:: SUPPLIED MATERIAL ::

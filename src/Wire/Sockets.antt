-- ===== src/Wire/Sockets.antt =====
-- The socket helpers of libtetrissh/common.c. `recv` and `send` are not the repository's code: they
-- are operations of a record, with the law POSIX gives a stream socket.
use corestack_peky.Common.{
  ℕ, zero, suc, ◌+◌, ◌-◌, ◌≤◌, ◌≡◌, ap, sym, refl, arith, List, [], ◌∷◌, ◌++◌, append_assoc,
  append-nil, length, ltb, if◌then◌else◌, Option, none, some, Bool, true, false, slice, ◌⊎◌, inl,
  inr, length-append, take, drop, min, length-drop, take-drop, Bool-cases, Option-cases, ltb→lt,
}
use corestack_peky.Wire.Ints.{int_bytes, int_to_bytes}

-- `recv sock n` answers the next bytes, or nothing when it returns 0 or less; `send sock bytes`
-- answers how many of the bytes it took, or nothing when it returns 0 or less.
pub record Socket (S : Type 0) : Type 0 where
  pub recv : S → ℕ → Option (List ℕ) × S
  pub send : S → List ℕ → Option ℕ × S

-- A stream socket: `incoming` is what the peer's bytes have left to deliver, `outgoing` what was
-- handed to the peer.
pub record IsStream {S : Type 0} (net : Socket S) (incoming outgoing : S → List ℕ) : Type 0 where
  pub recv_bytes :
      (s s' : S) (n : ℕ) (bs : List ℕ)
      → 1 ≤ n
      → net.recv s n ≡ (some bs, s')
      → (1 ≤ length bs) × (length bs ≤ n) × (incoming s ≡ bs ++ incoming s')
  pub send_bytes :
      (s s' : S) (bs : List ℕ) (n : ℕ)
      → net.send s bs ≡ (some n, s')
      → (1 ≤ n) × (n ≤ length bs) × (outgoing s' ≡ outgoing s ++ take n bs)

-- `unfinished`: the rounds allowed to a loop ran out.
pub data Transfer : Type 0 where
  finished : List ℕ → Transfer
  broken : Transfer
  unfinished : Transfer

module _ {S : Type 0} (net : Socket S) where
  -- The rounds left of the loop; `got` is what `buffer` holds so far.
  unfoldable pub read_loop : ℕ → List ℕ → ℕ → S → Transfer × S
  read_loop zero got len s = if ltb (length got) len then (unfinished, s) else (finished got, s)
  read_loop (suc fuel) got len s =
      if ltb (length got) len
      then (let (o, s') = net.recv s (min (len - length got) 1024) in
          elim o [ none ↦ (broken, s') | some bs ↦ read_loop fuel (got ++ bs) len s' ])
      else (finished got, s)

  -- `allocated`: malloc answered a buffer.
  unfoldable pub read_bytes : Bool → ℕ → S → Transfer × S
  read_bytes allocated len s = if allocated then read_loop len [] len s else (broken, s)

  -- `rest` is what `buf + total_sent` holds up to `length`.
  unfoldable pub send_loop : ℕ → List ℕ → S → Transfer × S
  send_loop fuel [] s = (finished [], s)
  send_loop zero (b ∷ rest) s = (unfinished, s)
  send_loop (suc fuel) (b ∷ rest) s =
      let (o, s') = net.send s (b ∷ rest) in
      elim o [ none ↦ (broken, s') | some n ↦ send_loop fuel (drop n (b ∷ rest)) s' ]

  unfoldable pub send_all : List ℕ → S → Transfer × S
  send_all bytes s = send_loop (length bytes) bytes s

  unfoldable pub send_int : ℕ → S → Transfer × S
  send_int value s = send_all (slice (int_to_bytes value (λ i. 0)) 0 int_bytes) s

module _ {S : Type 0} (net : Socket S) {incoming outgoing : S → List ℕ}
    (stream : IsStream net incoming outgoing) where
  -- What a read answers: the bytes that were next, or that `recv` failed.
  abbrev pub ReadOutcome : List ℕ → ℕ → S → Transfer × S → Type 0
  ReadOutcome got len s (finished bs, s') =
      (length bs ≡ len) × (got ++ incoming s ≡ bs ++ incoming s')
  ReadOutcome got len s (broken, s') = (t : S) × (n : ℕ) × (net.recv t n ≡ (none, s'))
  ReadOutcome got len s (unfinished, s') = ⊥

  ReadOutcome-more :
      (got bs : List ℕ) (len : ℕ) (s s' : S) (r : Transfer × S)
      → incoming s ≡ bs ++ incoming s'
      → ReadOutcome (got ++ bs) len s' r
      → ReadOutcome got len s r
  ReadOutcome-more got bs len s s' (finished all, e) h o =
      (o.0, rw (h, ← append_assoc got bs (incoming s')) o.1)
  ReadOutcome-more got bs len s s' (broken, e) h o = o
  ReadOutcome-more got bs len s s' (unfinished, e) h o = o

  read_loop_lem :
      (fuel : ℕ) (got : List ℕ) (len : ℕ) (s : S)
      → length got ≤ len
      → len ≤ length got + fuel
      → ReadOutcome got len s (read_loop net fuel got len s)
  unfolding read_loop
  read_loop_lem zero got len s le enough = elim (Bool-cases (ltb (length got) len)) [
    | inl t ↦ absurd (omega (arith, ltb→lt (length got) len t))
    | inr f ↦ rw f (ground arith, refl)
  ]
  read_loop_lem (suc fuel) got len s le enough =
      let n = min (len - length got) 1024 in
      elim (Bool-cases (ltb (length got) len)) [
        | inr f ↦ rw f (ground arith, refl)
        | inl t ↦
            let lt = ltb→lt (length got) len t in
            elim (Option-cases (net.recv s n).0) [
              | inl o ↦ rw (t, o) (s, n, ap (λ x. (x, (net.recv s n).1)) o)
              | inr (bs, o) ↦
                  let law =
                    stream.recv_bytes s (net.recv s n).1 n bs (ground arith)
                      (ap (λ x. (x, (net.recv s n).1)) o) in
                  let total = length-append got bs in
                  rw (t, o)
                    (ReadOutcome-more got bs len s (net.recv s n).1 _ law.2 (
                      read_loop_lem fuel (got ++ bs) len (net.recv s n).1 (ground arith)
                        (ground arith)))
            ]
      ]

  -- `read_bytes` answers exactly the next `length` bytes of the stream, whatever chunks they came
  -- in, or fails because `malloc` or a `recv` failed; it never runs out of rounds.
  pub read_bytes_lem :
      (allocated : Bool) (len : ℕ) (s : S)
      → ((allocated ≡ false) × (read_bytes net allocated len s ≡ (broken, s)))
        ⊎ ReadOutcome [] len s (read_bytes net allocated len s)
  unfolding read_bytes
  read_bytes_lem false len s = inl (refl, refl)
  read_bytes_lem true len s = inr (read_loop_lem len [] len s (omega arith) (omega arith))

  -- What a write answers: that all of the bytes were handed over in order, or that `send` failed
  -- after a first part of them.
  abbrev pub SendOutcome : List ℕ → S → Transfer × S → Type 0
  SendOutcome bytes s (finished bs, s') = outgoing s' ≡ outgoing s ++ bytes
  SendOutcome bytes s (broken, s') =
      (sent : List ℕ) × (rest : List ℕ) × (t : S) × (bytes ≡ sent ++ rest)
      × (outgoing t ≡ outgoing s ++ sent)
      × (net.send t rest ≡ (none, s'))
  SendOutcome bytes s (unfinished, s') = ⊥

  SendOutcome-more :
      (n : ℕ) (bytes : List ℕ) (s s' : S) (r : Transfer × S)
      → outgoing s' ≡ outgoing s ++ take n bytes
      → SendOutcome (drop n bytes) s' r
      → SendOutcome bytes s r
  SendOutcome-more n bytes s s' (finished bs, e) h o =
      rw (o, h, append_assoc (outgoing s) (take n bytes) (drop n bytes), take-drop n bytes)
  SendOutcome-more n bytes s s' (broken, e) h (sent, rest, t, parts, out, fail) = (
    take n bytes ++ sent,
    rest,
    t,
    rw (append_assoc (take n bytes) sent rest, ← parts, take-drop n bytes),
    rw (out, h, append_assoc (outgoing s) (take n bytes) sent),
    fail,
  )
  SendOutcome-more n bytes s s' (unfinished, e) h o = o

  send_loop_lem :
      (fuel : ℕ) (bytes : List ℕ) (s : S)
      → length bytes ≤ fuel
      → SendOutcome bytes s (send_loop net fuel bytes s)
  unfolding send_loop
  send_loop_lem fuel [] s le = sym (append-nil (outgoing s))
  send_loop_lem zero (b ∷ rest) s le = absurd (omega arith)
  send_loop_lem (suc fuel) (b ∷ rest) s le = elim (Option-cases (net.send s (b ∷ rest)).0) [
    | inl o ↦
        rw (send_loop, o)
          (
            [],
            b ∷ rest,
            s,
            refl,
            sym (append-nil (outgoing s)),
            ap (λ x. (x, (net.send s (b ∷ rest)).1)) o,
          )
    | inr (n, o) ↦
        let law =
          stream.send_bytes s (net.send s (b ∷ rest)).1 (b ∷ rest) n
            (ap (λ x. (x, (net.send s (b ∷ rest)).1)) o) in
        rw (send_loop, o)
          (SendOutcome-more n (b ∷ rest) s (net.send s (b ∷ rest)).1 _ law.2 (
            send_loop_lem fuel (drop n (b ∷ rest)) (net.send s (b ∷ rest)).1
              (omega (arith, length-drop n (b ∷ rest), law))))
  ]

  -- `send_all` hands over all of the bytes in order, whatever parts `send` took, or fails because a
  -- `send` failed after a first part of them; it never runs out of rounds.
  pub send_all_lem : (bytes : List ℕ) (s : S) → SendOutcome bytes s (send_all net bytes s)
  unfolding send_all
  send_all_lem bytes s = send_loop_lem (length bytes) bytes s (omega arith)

:::

> TASK TO CARRY OUT
Among the entries, find each line that includes the string "where" and copy it.

> WRITTEN SOLUTION
pub record Socket (S : Type 0) : Type 0 where
pub record IsStream {S : Type 0} (net : Socket S) (incoming outgoing : S → List ℕ) : Type 0 where
pub data Transfer : Type 0 where
module _ {S : Type 0} (net : Socket S) where
    (stream : IsStream net incoming outgoing) where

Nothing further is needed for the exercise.